* _What this task involves_: What you return should match every entry, character for character.

* _Data supplied_:
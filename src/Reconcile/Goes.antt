-- ===== src/Reconcile/Goes.antt =====
-- Rules for steps that are known to go on, or to return: total correctness, from one state.
use clavex_operator.Prelude.{Bool, true, false, if◌then◌else◌, ◌≡◌, refl}
use clavex_operator.Api.{Answer, ok, fail}
use clavex_operator.Reconcile.Calls.{succeeded}
use clavex_operator.Reconcile.Flow.{Outcome, next, exit, Step, ◌>>=◌}

-- From `s` the step goes on, with a value and in a state of which `Q` holds.
pub record Goes {S A : Type 0} (m : Step S A) (s : S) (Q : A → S → Type 0) : Type 0 where
  pub value : A
  pub after : S
  pub runs : m s ≡ next value after
  pub holds : Q value after

-- From `s` the method returns `o`, in a state of which `Q` holds.
pub record Returns {S A : Type 0} (m : Step S A) (s : S) (o : Outcome) (Q : S → Type 0)
    : Type 0 where
  pub after : S
  pub runs : m s ≡ exit o after
  pub holds : Q after

module _ {S A B : Type 0} {Q : A → S → Type 0} where
  pub Goes-bind :
      {R : B → S → Type 0} (m : Step S A) (f : A → Step S B) (s : S)
      → Goes m s Q
      → ((a : A) (t : S) → Q a t → Goes (f a) t R)
      → Goes (m >>= f) s R
  Goes-bind m f s g h =
      let r = h g.value g.after g.holds in
      record { value = r.value; after = r.after; runs = rw g.runs r.runs; holds = r.holds }

  pub Returns-bind :
      {R : S → Type 0} {o : Outcome} (m : Step S A) (f : A → Step S B) (s : S)
      → Goes m s Q
      → ((a : A) (t : S) → Q a t → Returns (f a) t o R)
      → Returns (m >>= f) s o R
  Returns-bind m f s g h =
      let r = h g.value g.after g.holds in
      record { after = r.after; runs = rw g.runs r.runs; holds = r.holds }

-- The same where the value is known.
module _ {S A B : Type 0} {P : S → Type 0} {R : S → Type 0} {o : Outcome} where
  pub Returns-known :
      (m : Step S A) (f : A → Step S B) (s : S) (v : A)
      → Goes m s (λ a t. (a ≡ v) × P t)
      → ((t : S) → P t → Returns (f v) t o R)
      → Returns (m >>= f) s o R
  Returns-known m f s v g h =
      let r = h g.after (g.holds.1) in
      record { after = r.after; runs = runs g.value (g.holds.0) g.runs r.runs; holds = r.holds }
    where
      runs : {t u : S} (a : A) → a ≡ v → m s ≡ next a t → f v t ≡ exit o u → (m >>= f) s ≡ exit o u
      runs a e k l = rw k (rw e l)

module _ {S A : Type 0} {Q R : A → S → Type 0} where
  pub Goes-map :
      (m : Step S A) (s : S) → Goes m s Q → ((a : A) (t : S) → Q a t → R a t) → Goes m s R
  Goes-map m s g h = record {
    value = g.value;
    after = g.after;
    runs = g.runs;
    holds = h g.value g.after g.holds;
  }

module _ {S A : Type 0} {Q : A → S → Type 0} where
  pub Goes-if :
      (b : Bool) (m n : Step S A) (s : S) → Goes m s Q → Goes n s Q → Goes (if b then m else n) s Q
  Goes-if true m n s g h = g
  Goes-if false m n s g h = h

-- An answer that is a success.
pub succeeded-ok : {A : Type 0} (a : Answer A) → succeeded a ≡ true → (v : A) × (a ≡ ok v)
succeeded-ok (ok v) h = (v, refl)
succeeded-ok (fail e) h = cc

* _Answer section_:
filename src/Reconcile/Goes.antt
-- ===== src/Reconcile/Goes.antt =====
-- Rules for steps that are known to go on, or to return: total correctness, from one state.
use clavex_operator.Prelude.{Bool, true, false, if◌then◌else◌, ◌≡◌, refl}
use clavex_operator.Api.{Answer, ok, fail}
use clavex_operator.Reconcile.Calls.{succeeded}
use clavex_operator.Reconcile.Flow.{Outcome, next, exit, Step, ◌>>=◌}

-- From `s` the step goes on, with a value and in a state of which `Q` holds.
pub record Goes {S A : Type 0} (m : Step S A) (s : S) (Q : A → S → Type 0) : Type 0 where
  pub value : A
  pub after : S
  pub runs : m s ≡ next value after
  pub holds : Q value after

-- From `s` the method returns `o`, in a state of which `Q` holds.
pub record Returns {S A : Type 0} (m : Step S A) (s : S) (o : Outcome) (Q : S → Type 0)
    : Type 0 where
  pub after : S
  pub runs : m s ≡ exit o after
  pub holds : Q after

module _ {S A B : Type 0} {Q : A → S → Type 0} where
  pub Goes-bind :
      {R : B → S → Type 0} (m : Step S A) (f : A → Step S B) (s : S)
      → Goes m s Q
      → ((a : A) (t : S) → Q a t → Goes (f a) t R)
      → Goes (m >>= f) s R
  Goes-bind m f s g h =
      let r = h g.value g.after g.holds in
      record { value = r.value; after = r.after; runs = rw g.runs r.runs; holds = r.holds }

  pub Returns-bind :
      {R : S → Type 0} {o : Outcome} (m : Step S A) (f : A → Step S B) (s : S)
      → Goes m s Q
      → ((a : A) (t : S) → Q a t → Returns (f a) t o R)
      → Returns (m >>= f) s o R
  Returns-bind m f s g h =
      let r = h g.value g.after g.holds in
      record { after = r.after; runs = rw g.runs r.runs; holds = r.holds }

-- The same where the value is known.
module _ {S A B : Type 0} {P : S → Type 0} {R : S → Type 0} {o : Outcome} where
  pub Returns-known :
      (m : Step S A) (f : A → Step S B) (s : S) (v : A)
      → Goes m s (λ a t. (a ≡ v) × P t)
      → ((t : S) → P t → Returns (f v) t o R)
      → Returns (m >>= f) s o R
  Returns-known m f s v g h =
      let r = h g.after (g.holds.1) in
      record { after = r.after; runs = runs g.value (g.holds.0) g.runs r.runs; holds = r.holds }
    where
      runs : {t u : S} (a : A) → a ≡ v → m s ≡ next a t → f v t ≡ exit o u → (m >>= f) s ≡ exit o u
      runs a e k l = rw k (rw e l)

module _ {S A : Type 0} {Q R : A → S → Type 0} where
  pub Goes-map :
      (m : Step S A) (s : S) → Goes m s Q → ((a : A) (t : S) → Q a t → R a t) → Goes m s R
  Goes-map m s g h = record {
    value = g.value;
    after = g.after;
    runs = g.runs;
    holds = h g.value g.after g.holds;
  }

module _ {S A : Type 0} {Q : A → S → Type 0} where
  pub Goes-if :
      (b : Bool) (m n : Step S A) (s : S) → Goes m s Q → Goes n s Q → Goes (if b then m else n) s Q
  Goes-if true m n s g h = g
  Goes-if false m n s g h = h

-- An answer that is a success.
pub succeeded-ok : {A : Type 0} (a : Answer A) → succeeded a ≡ true → (v : A) × (a ≡ ok v)
succeeded-ok (ok v) h = (v, refl)
succeeded-ok (fail e) h = cc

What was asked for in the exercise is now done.